Same here, tho I made the picking of the side to add 1 black cell to for a side with n-1 black cells a little complicated. And i wasn't also sure if it works starting from any random side, so i looped, the algo to run 4 times starting from all sides then checking the one that works.
when will ratings get updated??
when the next Halley's Comet will be seen... You will get your rating! XD
Auto comment: topic has been updated by awoo (previous revision, new revision, compare).
For editorial try this
If the rating change system is slow, you could release it as a problem for the next Div 1 contest and get 1000 better algorithms.
At last!!
Editorial is ready: https://codeforces.net/blog/entry/88344
But ratings are not updated yet :(
It seems to be (being) updated now! Finally!

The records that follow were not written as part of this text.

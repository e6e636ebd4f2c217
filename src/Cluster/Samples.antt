-- ===== src/Cluster/Samples.antt =====
-- Inputs for the tests: libraries that do little, and an API that answers two listings.
use pok.Cluster.Cilium.{Dynamic}
use pok.Cluster.Metrics.{less_name, more_cpu}
use pok.Cluster.Poll.Calls.{Libraries, Api}
use pok.Cluster.Services.{less_ip}
use pok.Cluster.Sorting.{sort}
use pok.Cluster.Usage.{Quantity}
use pok.Cluster.Workloads.{more_restarts}
use pok.Prelude.Decimal.{read_digits}
use pok.Cost.Samples.{dollars}
use pok.Prelude.Bytes.{Bytes, bytes}
use pok.Prelude.{◌*◌, Option, none, some, List, [], ◌∷◌}

-- Stands for resource.ParseQuantity on whole numbers.
abbrev pub whole_quantity : Bytes → Option Quantity
whole_quantity [] = none
whole_quantity (c ∷ cs) =
    let n = read_digits 0 (c ∷ cs) in some (record { milli_value = n * 1000; whole = n })

abbrev pub texts : Dynamic
texts = record { Any = Bytes; as_string = λ b. some b; as_object = λ b. none; as_list = λ b. none }

abbrev pub libraries : Libraries
libraries = record {
  floats = dollars;
  dynamic = texts;
  parse_quantity = whole_quantity;
  sort_restarts = sort more_restarts;
  sort_vips = sort less_ip;
  sort_nodes = sort less_name;
  sort_pods = sort more_cpu;
}

-- Only the nodes and the namespaces are listed.
abbrev pub api_of : List Bytes → Api libraries
api_of names = record {
  node_list = some (record { name = bytes "n1"; conditions = [] } ∷ []);
  phases = none;
  namespace_names = some names;
  pod_list = none;
  statuses = none;
  deployment_list = none;
  service_list = none;
  claims = none;
  bgp_configs = none;
  endpoints = none;
  identities = none;
  cilium_node_names = none;
  pool_items = none;
  policies = none;
  clusterwide_policies = none;
  node_usages = none;
  pod_usages = none;
  go_version = bytes "go1";
  server_version = none;
  node_infos = none;
  image_pods = none;
}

Auto comment: topic has been updated by awoo (previous revision, new revision, compare).
Is it rated?
-- The contest seems to be under-rated.
The round hadn't much lags and hadn't long queues. It had nice problems, all seem original, having wide diversity. B wasn't about implementation, but about logic and patterns, solving of which reduces implementation difficulty.
Thanks for organizers team.
I published my code on ideone.com with default settings as public. It was a coincidence. Please restore my ratings. I'm just a newbie so I didn't know much about this. I'll take care about this in future, I'm so sorry.